DATA IN THIS EXERCISE Start Marker

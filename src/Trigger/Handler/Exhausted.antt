-- ===== src/Trigger/Handler/Exhausted.antt =====
-- A run of the handler and the limit of concurrent tasks.
use flokoa.Common.{
  ℕ, suc, ◌+◌, ◌^◌, ◌≤◌, ◌<◌, ◌≡◌, ◌≢◌, refl, ap, ◌∙◌, ◌⊎◌, inl, inr, Bool, true, false, ◌&&◌, List,
  [], ◌∷◌, All, Avoids, cut_injective, some, Text, ◌==◌, ==_iff, same_code, count_one, pos,
  to_int32, to_int32-pos, add_one, arith,
}
use flokoa.Trigger.Config.{TriggerConfig, LimitsConfig}
use flokoa.Trigger.Limiter.{
  TriggerLimiter, new_trigger_limiter, counters_of, key_of, prune, verdict, Decision, allowed,
  invocations_per_hour_exceeded, concurrent_tasks_exceeded, check, after_verdict, TriggerCounters,
}
use flokoa.Trigger.Limiter.Frame.{check-verdict, counters_of-check, counters_of-check_other}
use flokoa.Trigger.Limiter.Verdicts.{verdict-concurrent}
use flokoa.Trigger.Handler.{
  Request, Services, load_trigger_config, serve_http, serve_config, status_of, ok,
}
use flokoa.Trigger.Handler.Served.{serve_http-Served}

-- How many of the requests to the trigger a run of the handler answers with 200.
unfoldable pub answered : Services → Text → Text → TriggerLimiter → List (ℕ × Request) → ℕ
answered sv name ns l [] = 0
answered sv name ns l ((now, r) ∷ rs) =
    let served = serve_http sv l now r in
    count_one (same_code served.0 ok && (r.name == name && r.namespace == ns))
    + answered sv name ns served.1 rs

count_and_true : (b : Bool) → count_one (b && true) ≡ count_one b
count_and_true b = ground arith

count_and_false : (b : Bool) → count_one (b && false) ≡ 0
count_and_false b = ground arith

module _ (sv : Services) (name ns : Text) (config : TriggerConfig) (limits : LimitsConfig)
    (at_once : ℕ) where
  -- The server reads, for the trigger, this limit of concurrent tasks.
  pub record IsLimited : Type 0 where
    pub loads : load_trigger_config sv ns name ≡ some config
    pub limited : config.limits ≡ some limits
    pub concurrent : limits.max_concurrent_tasks ≡ some (pos at_once)
    pub concurrent_range : (0 < at_once) × (at_once < 2 ^ 31)

  -- The active tasks of the trigger after a gain.
  abbrev Holds : ℕ → TriggerLimiter → ℕ → Type 0
  Holds running l gain =
      (running + gain ≤ at_once)
      × ((counters_of l (key_of name ns)).active_tasks ≡ pos (running + gain))

  -- One if the request is for the trigger and answered with 200.
  abbrev gain_of : Request → ℕ → ℕ
  gain_of r status = count_one (same_code status ok && (r.name == name && r.namespace == ns))

  -- Whether the limiter allows the trigger's request or not.
  gain_of_verdict :
      (c : TriggerCounters) (now running : ℕ) (v : Decision)
      → IsLimited
      → running ≤ at_once
      → c.active_tasks ≡ pos running
      → verdict (prune now c) limits ≡ v
      → (running + count_one (same_code (status_of v) ok) ≤ at_once)
        × ((after_verdict v now (prune now c)).active_tasks
            ≡ pos (running + count_one (same_code (status_of v) ok)))
  gain_of_verdict c now running allowed h le a e =
      let free =
        verdict-concurrent (prune now c) limits running at_once h.concurrent h.concurrent_range.0 a
          e in
      (
        omega (arith, free),
        ap (λ x. to_int32 (add_one x)) a
            ∙ to_int32-pos (suc running) (omega (arith, free, h.concurrent_range.1))
            ∙ ap pos (omega arith),
      )
  gain_of_verdict c now running (invocations_per_hour_exceeded n limit) h le a e =
      (omega (arith, le), a ∙ ap pos (omega arith))
  gain_of_verdict c now running (concurrent_tasks_exceeded n limit) h le a e =
      (omega (arith, le), a ∙ ap pos (omega arith))

  own_check :
      (l : TriggerLimiter) (now running : ℕ)
      → IsLimited
      → running ≤ at_once
      → (counters_of l (key_of name ns)).active_tasks ≡ pos running
      → Holds running
          (check l now name ns (some limits)).1
          (count_one (same_code (status_of (check l now name ns (some limits)).0) ok))
  own_check l now running h le a =
      let c = counters_of l (key_of name ns) in
      let v = verdict (prune now c) limits in
      let (few, active) = gain_of_verdict c now running v h le a refl in
      rw (check-verdict l now name ns limits, counters_of-check l now name ns limits) (few, active)

  trigger_cases :
      (r : Request)
      → (((r.name == name && r.namespace == ns) ≡ true) × (r.name ≡ name) × (r.namespace ≡ ns))
        ⊎ (((r.name == name && r.namespace == ns) ≡ false)
            × ((r.name ≡ name) → (r.namespace ≡ ns) → ⊥))
  trigger_cases r = ground (arith, ==_iff r.name name, ==_iff r.namespace ns)

  served-Holds :
      (l : TriggerLimiter) (now : ℕ) (r : Request) (running : ℕ) (c : TriggerConfig)
      → IsLimited
      → Avoids b'/' ns
      → Avoids b'/' r.namespace
      → running ≤ at_once
      → (counters_of l (key_of name ns)).active_tasks ≡ pos running
      → load_trigger_config sv r.namespace r.name ≡ some c
      → Holds running
          (serve_config l now r (some c)).1
          (gain_of r (serve_config l now r (some c)).0)
  served-Holds l now r running c h plain plain' le a e = elim (trigger_cases r) [
    | inl (same, n, s) ↦
        let lim : c.limits ≡ some limits = cc in
        rw (same, n, s, lim, count_and_true _) (own_check l now running h le a)
    | inr (other, ne) ↦
        rw
          (
            other,
            count_and_false (same_code (status_of (check l now r.name r.namespace c.limits).0) ok),
            counters_of-check_other l now r.name r.namespace c.limits (key_of name ns) (apart ne),
          )
          (omega (arith, le), a ∙ ap pos (omega arith))
  ]
    where
      apart : (r.name ≡ name → r.namespace ≡ ns → ⊥) → key_of r.name r.namespace ≢ key_of name ns
      apart ne same =
          let (s, n) = cut_injective b'/' r.namespace ns r.name name plain' plain same in ne n s

  serve_http-Holds :
      (l : TriggerLimiter) (now : ℕ) (r : Request) (running : ℕ)
      → IsLimited
      → Avoids b'/' ns
      → Avoids b'/' r.namespace
      → running ≤ at_once
      → (counters_of l (key_of name ns)).active_tasks ≡ pos running
      → Holds running (serve_http sv l now r).1 (gain_of r (serve_http sv l now r).0)
  serve_http-Holds l now r running h plain plain' le a = elim (serve_http-Served sv l now r) [
    | inl (refused, same) ↦ rw (refused, same) (omega (arith, le), a ∙ ap pos (omega arith))
    | inr (c, loads, same) ↦ rw same (served-Holds l now r running c h plain plain' le a loads)
  ]

  answered-le :
      (l : TriggerLimiter) (rs : List (ℕ × Request)) (running : ℕ)
      → IsLimited
      → Avoids b'/' ns
      → All (λ x. Avoids b'/' x.1.namespace) rs
      → running ≤ at_once
      → (counters_of l (key_of name ns)).active_tasks ≡ pos running
      → running + answered sv name ns l rs ≤ at_once
  unfolding answered
  answered-le l [] running h plain plains le a = omega (arith, le)
  answered-le l ((now, r) ∷ rs) running h plain (p, ps) le a =
      let (le', a') = serve_http-Holds l now r running h plain p le a in
      omega (
        arith,
        answered-le (serve_http sv l now r).1 rs (running + gain_of r (serve_http sv l now r).0) h
            plain ps le' a',
      )

-- Where the server reads, for a trigger, a positive limit of concurrent tasks, a handler that starts
-- with a new limiter answers at most that many requests to the trigger with 200, whatever requests
-- come at whatever times. The namespaces of the trigger and of the requests have no slash.
pub serve_http-exhausted :
    (sv : Services) (name ns : Text) (config : TriggerConfig) (limits : LimitsConfig) (at_once : ℕ)
    (rs : List (ℕ × Request))
    → IsLimited sv name ns config limits at_once
    → Avoids b'/' ns
    → All (λ x. Avoids b'/' x.1.namespace) rs
    → answered sv name ns new_trigger_limiter rs ≤ at_once
serve_http-exhausted sv name ns config limits at_once rs h plain plains = omega (
  arith,
  answered-le sv name ns config limits at_once new_trigger_limiter rs 0 h plain plains (omega arith)
      refl,
)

DATA IN THIS EXERCISE End Marker

ACTIVITY
Your task is to retype the entries verbatim, starting with the line that holds "let lim : c.limits" and stopping after the line that holds "count_and_false (same_code (status_of".

TASK OUTPUT
        let lim : c.limits ≡ some limits = cc in
        rw (same, n, s, lim, count_and_true _) (own_check l now running h le a)
    | inr (other, ne) ↦
        rw
          (
            other,
            count_and_false (same_code (status_of (check l now r.name r.namespace c.limits).0) ok),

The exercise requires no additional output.